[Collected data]
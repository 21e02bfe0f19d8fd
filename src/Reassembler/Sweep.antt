-- ===== src/Reassembler/Sweep.antt =====
-- The first loop of Reassembler::insert in src/reassembler.cc behind the new data.
use networkinglab.Base.{
  ℕ, ◌+◌, ◌-◌, ◌≤◌, ◌<◌, ◌≡◌, inl, inr, refl, ap, ◌||◌, Option, none, some, List, [], ◌∷◌, ltb,
  length, drop, length-drop, u64_mod, arith, Bool-cases, ltb→lt, ltb→ge,
}
use networkinglab.Reassembler.{Substring, put, visit, sweep}
use networkinglab.Reassembler.Layout.{
  finish, finish_of, Ordered, total, holds_of, covers, AllAgree, Agrees-drop, Agrees-at,
}
use networkinglab.Reassembler.Visit.{tail_after, visit_first, visit_apart, visit_covered, visit_cut}

-- A loop that met the nodes `ns` behind `prev`, with `k` bytes counted before them, left `r`: disjoint
-- nodes with the count of their bytes, which hold what `ns` held behind `prev`.
pub record Keeps (k hi : ℕ) (prev : Option Substring) (ns : List Substring) (r : List Substring × ℕ)
    : Type 0 where
  pub ordered : Ordered (finish_of prev) hi r.0
  pub counted : r.1 ≡ total r.0 + k
  pub covered : (i : ℕ) → (holds_of i prev || covers i r.0) ≡ (holds_of i prev || covers i ns)
  pub agrees : (whole : ℕ → ℕ) → AllAgree whole ns → AllAgree whole r.0

-- The node before `b` begins there or earlier.
abbrev pub After : ℕ → Option Substring → Type 0
After b none = Unit {0}
After b (some p) = p.start ≤ b

-- What a node and the loop behind it need: the loop keeps `ns` whatever node comes before it.
abbrev pub Rest : ℕ → ℕ → List Substring → (Option Substring → ℕ → List Substring × ℕ) → Type 0
Rest hi b ns rest =
    (p : Substring) (nb k : ℕ)
    → p.start ≤ b
    → finish p ≤ hi
    → nb ≡ total ns + k
    → nb < u64_mod
    → Keeps k hi (some p) ns (rest (some p) nb)

module _ (hi b k nb : ℕ) (n : Substring) (ns : List Substring)
    (rest : Option Substring → ℕ → List Substring × ℕ) (word : hi < u64_mod)
    (ih : Rest hi b ns rest) (early : n.start ≤ b) (full : 0 < length n.bytes)
    (fits : finish n ≤ hi) (nb_eq : nb ≡ length n.bytes + total ns + k)
    (nb_word : nb < u64_mod) where
  put-Keeps :
      (prev : Option Substring)
      → finish_of prev ≤ n.start
      → Keeps k hi prev (n ∷ ns) (put n (rest (some n) nb))
  put-Keeps prev h = record {
    ordered = (h, full, fits, r.ordered);
    counted = omega (arith, r.counted);
    covered = λ i. ap (λ c. holds_of i prev || c) (r.covered i);
    agrees = λ whole a. (a.0, r.agrees whole a.1);
  }
    where
      r : Keeps (length n.bytes + k) hi (some n) ns (rest (some n) nb)
      r = ih n nb (length n.bytes + k) early fits (omega arith) nb_word

  covered-Keeps :
      (p : Substring)
      → p.start ≤ n.start
      → finish p ≤ hi
      → finish n ≤ finish p
      → Keeps k hi (some p) (n ∷ ns) (rest (some p) (nb - length n.bytes))
  covered-Keeps p after fits_p h = record {
    ordered = r.ordered;
    counted = r.counted;
    covered = λ i. ground (arith, r.covered i);
    agrees = λ whole a. r.agrees whole a.1;
  }
    where
      r : Keeps k hi (some p) ns (rest (some p) (nb - length n.bytes))
      r = ih p (nb - length n.bytes) k (omega arith) fits_p (omega arith) (omega arith)

  cut-Keeps :
      (p : Substring)
      → p.start ≤ n.start
      → n.start < finish p
      → finish p < finish n
      → finish p ≤ b
      → Keeps k hi
          (some p)
          (n ∷ ns)
          (put (tail_after p n) (rest (some (tail_after p n)) (nb - (finish p - n.start))))
  cut-Keeps p after h l early_p = record {
    ordered = (omega arith, omega (arith, size), omega (arith, size), r.ordered);
    counted = omega (arith, r.counted, size);
    covered = λ i. ground (arith, r.covered i, size);
    agrees = λ whole a. (
      Agrees-at whole (n.start + (finish p - n.start)) (finish p) _ (omega arith)
          (Agrees-drop whole (finish p - n.start) n.start n.bytes a.0),
      r.agrees whole a.1,
    );
  }
    where
      size : length (drop (finish p - n.start) n.bytes) ≡ length n.bytes - (finish p - n.start)
      size = length-drop (finish p - n.start) n.bytes

      r :
          Keeps
            (length (drop (finish p - n.start) n.bytes) + k)
            hi
            (some (tail_after p n))
            ns
            (rest (some (tail_after p n)) (nb - (finish p - n.start)))
      r = ih (tail_after p n) _ _ early_p (omega (arith, size)) (omega (arith, size)) (omega arith)

  -- Whatever lies before the node, its round and the loop behind it keep the bytes.
  pub visit-Keeps :
      (prev : Option Substring)
      → After n.start prev
      → finish_of prev ≤ hi
      → (finish_of prev < finish n → finish_of prev ≤ b)
      → Keeps k hi prev (n ∷ ns) (visit prev n nb rest)
  visit-Keeps none after fits_p early_p = rw (visit_first n nb rest) (put-Keeps none (omega arith))
  visit-Keeps (some p) after fits_p early_p = elim (Bool-cases (ltb n.start (finish p))) [
    | inr e ↦
        rw (visit_apart p n nb hi rest after fits_p fits word (omega arith) nb_word (ltb→ge _ _ e))
          (put-Keeps (some p) (ltb→ge _ _ e))
    | inl e ↦ elim (Bool-cases (ltb (finish p) (finish n))) [
      | inr f ↦
          rw
            (visit_covered p n nb hi rest after fits_p fits word (omega arith) nb_word
              (ltb→lt _ _ e) (ltb→ge _ _ f))
            (covered-Keeps p after fits_p (ltb→ge _ _ f))
      | inl f ↦
          rw
            (visit_cut p n nb hi rest after fits_p fits word (omega arith) nb_word (ltb→lt _ _ e)
              (ltb→lt _ _ f))
            (cut-Keeps p after (ltb→lt _ _ e) (ltb→lt _ _ f) (early_p (ltb→lt _ _ f)))
    ]
  ]

nothing-Keeps : (k hi nb : ℕ) (prev : Option Substring) → nb ≡ k → Keeps k hi prev [] ([], nb)
nothing-Keeps k hi nb prev e = record {
  ordered = tt;
  counted = omega arith;
  covered = λ i. refl;
  agrees = λ whole a. tt;
}

After-mono : (a b : ℕ) (prev : Option Substring) → a ≤ b → After a prev → After b prev
After-mono a b none h p = tt
After-mono a b (some q) h p = omega arith

pub sweep-Keeps :
    (hi : ℕ)
    → hi < u64_mod
    → (ns : List Substring) (b k nb : ℕ) (prev : Option Substring) → Ordered b hi ns
    → After b prev
    → finish_of prev ≤ hi
    → nb ≡ total ns + k
    → nb < u64_mod
    → Keeps k hi prev ns (sweep ns prev nb)
unfolding sweep
sweep-Keeps hi word [] b k nb prev o after fits e w = nothing-Keeps k hi nb prev (omega arith)
sweep-Keeps hi word (n ∷ ns) b k nb prev o after fits e w =
    visit-Keeps hi (finish n) k nb n ns (sweep ns) word
      (λ p nb' k' h f e' w'. sweep-Keeps hi word ns (finish n) k' nb' (some p) o.3 h f e' w')
      (omega arith) o.1 o.2 e w prev (After-mono b n.start prev o.0 after) fits (λ h. omega arith)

▶ _WORK TO BE COMPLETED_
Would you please give the data above again, exactly as it appears?

▶ _RESULT_
repository 21e02bfe0f19d8fd
filename src/Reassembler/Sweep.antt
-- ===== src/Reassembler/Sweep.antt =====
-- The first loop of Reassembler::insert in src/reassembler.cc behind the new data.
use networkinglab.Base.{
  ℕ, ◌+◌, ◌-◌, ◌≤◌, ◌<◌, ◌≡◌, inl, inr, refl, ap, ◌||◌, Option, none, some, List, [], ◌∷◌, ltb,
  length, drop, length-drop, u64_mod, arith, Bool-cases, ltb→lt, ltb→ge,
}
use networkinglab.Reassembler.{Substring, put, visit, sweep}
use networkinglab.Reassembler.Layout.{
  finish, finish_of, Ordered, total, holds_of, covers, AllAgree, Agrees-drop, Agrees-at,
}
use networkinglab.Reassembler.Visit.{tail_after, visit_first, visit_apart, visit_covered, visit_cut}

-- A loop that met the nodes `ns` behind `prev`, with `k` bytes counted before them, left `r`: disjoint
-- nodes with the count of their bytes, which hold what `ns` held behind `prev`.
pub record Keeps (k hi : ℕ) (prev : Option Substring) (ns : List Substring) (r : List Substring × ℕ)
    : Type 0 where
  pub ordered : Ordered (finish_of prev) hi r.0
  pub counted : r.1 ≡ total r.0 + k
  pub covered : (i : ℕ) → (holds_of i prev || covers i r.0) ≡ (holds_of i prev || covers i ns)
  pub agrees : (whole : ℕ → ℕ) → AllAgree whole ns → AllAgree whole r.0

-- The node before `b` begins there or earlier.
abbrev pub After : ℕ → Option Substring → Type 0
After b none = Unit {0}
After b (some p) = p.start ≤ b

-- What a node and the loop behind it need: the loop keeps `ns` whatever node comes before it.
abbrev pub Rest : ℕ → ℕ → List Substring → (Option Substring → ℕ → List Substring × ℕ) → Type 0
Rest hi b ns rest =
    (p : Substring) (nb k : ℕ)
    → p.start ≤ b
    → finish p ≤ hi
    → nb ≡ total ns + k
    → nb < u64_mod
    → Keeps k hi (some p) ns (rest (some p) nb)

module _ (hi b k nb : ℕ) (n : Substring) (ns : List Substring)
    (rest : Option Substring → ℕ → List Substring × ℕ) (word : hi < u64_mod)
    (ih : Rest hi b ns rest) (early : n.start ≤ b) (full : 0 < length n.bytes)
    (fits : finish n ≤ hi) (nb_eq : nb ≡ length n.bytes + total ns + k)
    (nb_word : nb < u64_mod) where
  put-Keeps :
      (prev : Option Substring)
      → finish_of prev ≤ n.start
      → Keeps k hi prev (n ∷ ns) (put n (rest (some n) nb))
  put-Keeps prev h = record {
    ordered = (h, full, fits, r.ordered);
    counted = omega (arith, r.counted);
    covered = λ i. ap (λ c. holds_of i prev || c) (r.covered i);
    agrees = λ whole a. (a.0, r.agrees whole a.1);
  }
    where
      r : Keeps (length n.bytes + k) hi (some n) ns (rest (some n) nb)
      r = ih n nb (length n.bytes + k) early fits (omega arith) nb_word

  covered-Keeps :
      (p : Substring)
      → p.start ≤ n.start
      → finish p ≤ hi
      → finish n ≤ finish p
      → Keeps k hi (some p) (n ∷ ns) (rest (some p) (nb - length n.bytes))
  covered-Keeps p after fits_p h = record {
    ordered = r.ordered;
    counted = r.counted;
    covered = λ i. ground (arith, r.covered i);
    agrees = λ whole a. r.agrees whole a.1;
  }
    where
      r : Keeps k hi (some p) ns (rest (some p) (nb - length n.bytes))
      r = ih p (nb - length n.bytes) k (omega arith) fits_p (omega arith) (omega arith)

  cut-Keeps :
      (p : Substring)
      → p.start ≤ n.start
      → n.start < finish p
      → finish p < finish n
      → finish p ≤ b
      → Keeps k hi
          (some p)
          (n ∷ ns)
          (put (tail_after p n) (rest (some (tail_after p n)) (nb - (finish p - n.start))))
  cut-Keeps p after h l early_p = record {
    ordered = (omega arith, omega (arith, size), omega (arith, size), r.ordered);
    counted = omega (arith, r.counted, size);
    covered = λ i. ground (arith, r.covered i, size);
    agrees = λ whole a. (
      Agrees-at whole (n.start + (finish p - n.start)) (finish p) _ (omega arith)
          (Agrees-drop whole (finish p - n.start) n.start n.bytes a.0),
      r.agrees whole a.1,
    );
  }
    where
      size : length (drop (finish p - n.start) n.bytes) ≡ length n.bytes - (finish p - n.start)
      size = length-drop (finish p - n.start) n.bytes

      r :
          Keeps
            (length (drop (finish p - n.start) n.bytes) + k)
            hi
            (some (tail_after p n))
            ns
            (rest (some (tail_after p n)) (nb - (finish p - n.start)))
      r = ih (tail_after p n) _ _ early_p (omega (arith, size)) (omega (arith, size)) (omega arith)

  -- Whatever lies before the node, its round and the loop behind it keep the bytes.
  pub visit-Keeps :
      (prev : Option Substring)
      → After n.start prev
      → finish_of prev ≤ hi
      → (finish_of prev < finish n → finish_of prev ≤ b)
      → Keeps k hi prev (n ∷ ns) (visit prev n nb rest)
  visit-Keeps none after fits_p early_p = rw (visit_first n nb rest) (put-Keeps none (omega arith))
  visit-Keeps (some p) after fits_p early_p = elim (Bool-cases (ltb n.start (finish p))) [
    | inr e ↦
        rw (visit_apart p n nb hi rest after fits_p fits word (omega arith) nb_word (ltb→ge _ _ e))
          (put-Keeps (some p) (ltb→ge _ _ e))
    | inl e ↦ elim (Bool-cases (ltb (finish p) (finish n))) [
      | inr f ↦
          rw
            (visit_covered p n nb hi rest after fits_p fits word (omega arith) nb_word
              (ltb→lt _ _ e) (ltb→ge _ _ f))
            (covered-Keeps p after fits_p (ltb→ge _ _ f))
      | inl f ↦
          rw
            (visit_cut p n nb hi rest after fits_p fits word (omega arith) nb_word (ltb→lt _ _ e)
              (ltb→lt _ _ f))
            (cut-Keeps p after (ltb→lt _ _ e) (ltb→lt _ _ f) (early_p (ltb→lt _ _ f)))
    ]
  ]

nothing-Keeps : (k hi nb : ℕ) (prev : Option Substring) → nb ≡ k → Keeps k hi prev [] ([], nb)
nothing-Keeps k hi nb prev e = record {
  ordered = tt;
  counted = omega arith;
  covered = λ i. refl;
  agrees = λ whole a. tt;
}

After-mono : (a b : ℕ) (prev : Option Substring) → a ≤ b → After a prev → After b prev
After-mono a b none h p = tt
After-mono a b (some q) h p = omega arith

pub sweep-Keeps :
    (hi : ℕ)
    → hi < u64_mod
    → (ns : List Substring) (b k nb : ℕ) (prev : Option Substring) → Ordered b hi ns
    → After b prev
    → finish_of prev ≤ hi
    → nb ≡ total ns + k
    → nb < u64_mod
    → Keeps k hi prev ns (sweep ns prev nb)
unfolding sweep
sweep-Keeps hi word [] b k nb prev o after fits e w = nothing-Keeps k hi nb prev (omega arith)
sweep-Keeps hi word (n ∷ ns) b k nb prev o after fits e w =
    visit-Keeps hi (finish n) k nb n ns (sweep ns) word
      (λ p nb' k' h f e' w'. sweep-Keeps hi word ns (finish n) k' nb' (some p) o.3 h f e' w')
      (omega arith) o.1 o.2 e w prev (After-mono b n.start prev o.0 after) fits (λ h. omega arith)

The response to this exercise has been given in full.